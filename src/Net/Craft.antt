-- ===== src/Net/Craft.antt =====
-- The segments that the kernel builds, read back field by field.
use qore_os.Base.{
  ℕ, zero, suc, ◌+◌, ◌*◌, ◌/◌, ◌^◌, ◌≤◌, ◌<◌, ◌≡◌, ◌∙◌, ◌⊎◌, List, [], ◌∷◌, ◌++◌, arith, length,
  get_or,
}
use qore_os.Ram.{AllBytes}
use qore_os.E1000.{my_mac, my_ip}
use qore_os.E1000.Arp.{Mac, Ip, mac_bytes, ip_bytes}
use qore_os.Net.{be16, be32, ip_at, recalculate_checksums}
use qore_os.Net.Receiver.{AcceptsIp, AcceptsTcp, IsFrame}
use qore_os.Net.Checksum.{Recalculated, recalculate-Recalculated}

abbrev pub mac_at : List ℕ → ℕ → Mac
mac_at f i = record {
  m0 = get_or f i 0;
  m1 = get_or f (i + 1) 0;
  m2 = get_or f (i + 2) 0;
  m3 = get_or f (i + 3) 0;
  m4 = get_or f (i + 4) 0;
  m5 = get_or f (i + 5) 0;
}

-- What a segment to a peer says.
pub record Segment : Type 0 where
  pub mac : Mac
  pub ip : Ip
  pub port : ℕ
  pub seq : ℕ
  pub ack : ℕ
  pub flags : ℕ
  pub tcp_hl : ℕ
  pub body : List ℕ

-- `f` is an Ethernet frame with an IPv4 packet with a TCP segment that says `s`, from the kernel's
-- hardware address, IP address and port 80; its length fields and its header lengths are right.
pub record Says (f : List ℕ) (s : Segment) : Type 0 where
  pub bytes : IsFrame f
  pub len : length f ≡ 34 + s.tcp_hl + length s.body
  pub dest_mac : mac_at f 0 ≡ s.mac
  pub src_mac : mac_at f 6 ≡ my_mac
  pub ethertype : be16 f 12 ≡ 0x0800
  pub version_ihl : get_or f 14 0 ≡ 0x45
  pub total_length : be16 f 16 ≡ 20 + s.tcp_hl + length s.body
  pub protocol : get_or f 23 0 ≡ 6
  pub src_ip : ip_at f 26 ≡ my_ip
  pub dest_ip : ip_at f 30 ≡ s.ip
  pub src_port : be16 f 34 ≡ 80
  pub dest_port : be16 f 36 ≡ s.port
  pub seq_num : be32 f 38 ≡ s.seq
  pub ack_num : be32 f 42 ≡ s.ack
  pub data_offset : get_or f 46 0 / 16 * 4 ≡ s.tcp_hl
  pub flag_bits : get_or f 47 0 ≡ s.flags
  pub body_bytes : (i : ℕ) → get_or f (34 + s.tcp_hl + i) 0 ≡ get_or s.body i 0

-- The numbers that a segment is made of fit their fields.
pub record Fits (s : Segment) : Type 0 where
  pub mac : AllBytes (mac_bytes s.mac)
  pub ip : AllBytes (ip_bytes s.ip)
  pub port : s.port < 65536
  pub seq : s.seq < 2 ^ 32
  pub ack : s.ack < 2 ^ 32
  pub flags : s.flags < 256
  pub body : AllBytes s.body
  pub size : length s.body ≤ 65491

pub AllBytes-IsFrame : (bs : List ℕ) → AllBytes bs → IsFrame bs
AllBytes-IsFrame [] h i = omega arith
AllBytes-IsFrame (b ∷ bs) h zero = h.0
AllBytes-IsFrame (b ∷ bs) h (suc i) = AllBytes-IsFrame bs h.1 i

pub AllBytes-append : (xs ys : List ℕ) → AllBytes xs → AllBytes ys → AllBytes (xs ++ ys)
AllBytes-append [] ys hx hy = hy
AllBytes-append (x ∷ xs) ys hx hy = (hx.0, AllBytes-append xs ys hx.1 hy)

-- The places that `recalculate_checksums` leaves alone.
abbrev Clear : ℕ → Type 0
Clear i = (i < 24) ⊎ ((25 < i) × (i < 50)) ⊎ (51 < i)

module _ {c g : List ℕ} (r : Recalculated c g) where
  kept : (i : ℕ) → Clear i → get_or g i 0 ≡ get_or c i 0
  kept i h = r.rest i (omega arith) (omega arith) (omega arith) (omega arith)

  -- New checksums change nothing of what a frame says.
  Recalculated-Says : {s : Segment} → 20 ≤ s.tcp_hl → Says c s → Says g s
  Recalculated-Says {s} long says = record {
    bytes = r.bytes;
    len = r.same_length ∙ says.len;
    dest_mac =
        rw
          (
            kept 0 (omega arith),
            kept 1 (omega arith),
            kept 2 (omega arith),
            kept 3 (omega arith),
            kept 4 (omega arith),
            kept 5 (omega arith),
          )
          says.dest_mac;
    src_mac =
        rw
          (
            kept 6 (omega arith),
            kept 7 (omega arith),
            kept 8 (omega arith),
            kept 9 (omega arith),
            kept 10 (omega arith),
            kept 11 (omega arith),
          )
          says.src_mac;
    ethertype = omega (arith, kept 12 (omega arith), kept 13 (omega arith), says.ethertype);
    version_ihl = omega (arith, kept 14 (omega arith), says.version_ihl);
    total_length = omega (arith, kept 16 (omega arith), kept 17 (omega arith), says.total_length);
    protocol = omega (arith, kept 23 (omega arith), says.protocol);
    src_ip =
        rw
          (
            kept 26 (omega arith),
            kept 27 (omega arith),
            kept 28 (omega arith),
            kept 29 (omega arith),
          )
          says.src_ip;
    dest_ip =
        rw
          (
            kept 30 (omega arith),
            kept 31 (omega arith),
            kept 32 (omega arith),
            kept 33 (omega arith),
          )
          says.dest_ip;
    src_port = omega (arith, kept 34 (omega arith), kept 35 (omega arith), says.src_port);
    dest_port = omega (arith, kept 36 (omega arith), kept 37 (omega arith), says.dest_port);
    seq_num = omega (
      arith,
      kept 38 (omega arith),
      kept 39 (omega arith),
      kept 40 (omega arith),
      kept 41 (omega arith),
      says.seq_num,
    );
    ack_num = omega (
      arith,
      kept 42 (omega arith),
      kept 43 (omega arith),
      kept 44 (omega arith),
      kept 45 (omega arith),
      says.ack_num,
    );
    data_offset = omega (arith, kept 46 (omega arith), says.data_offset);
    flag_bits = omega (arith, kept 47 (omega arith), says.flag_bits);
    body_bytes = λ i. kept (34 + s.tcp_hl + i) (omega arith) ∙ says.body_bytes i;
  }

-- `f` says `s` and a receiver's two checksum tests accept it.
abbrev pub Delivers : List ℕ → Segment → Type 0
Delivers f s = Says f s × AcceptsIp f × AcceptsTcp f

pub recalculate-Delivers :
    (c : List ℕ) (s : Segment)
    → 20 ≤ s.tcp_hl
    → s.tcp_hl ≤ 24
    → length s.body ≤ 65491
    → Says c s
    → Delivers (recalculate_checksums c) s
recalculate-Delivers c s long short size says =
    let r =
      recalculate-Recalculated c says.bytes (omega (arith, says.len)) (omega (arith, says.len)) in
    (Recalculated-Says r long says, r.ip, r.tcp)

## What you will do
All lines in the records with the string "zero" should be copied out.

## Task answer
  ℕ, zero, suc, ◌+◌, ◌*◌, ◌/◌, ◌^◌, ◌≤◌, ◌<◌, ◌≡◌, ◌∙◌, ◌⊎◌, List, [], ◌∷◌, ◌++◌, arith, length,
AllBytes-IsFrame (b ∷ bs) h zero = h.0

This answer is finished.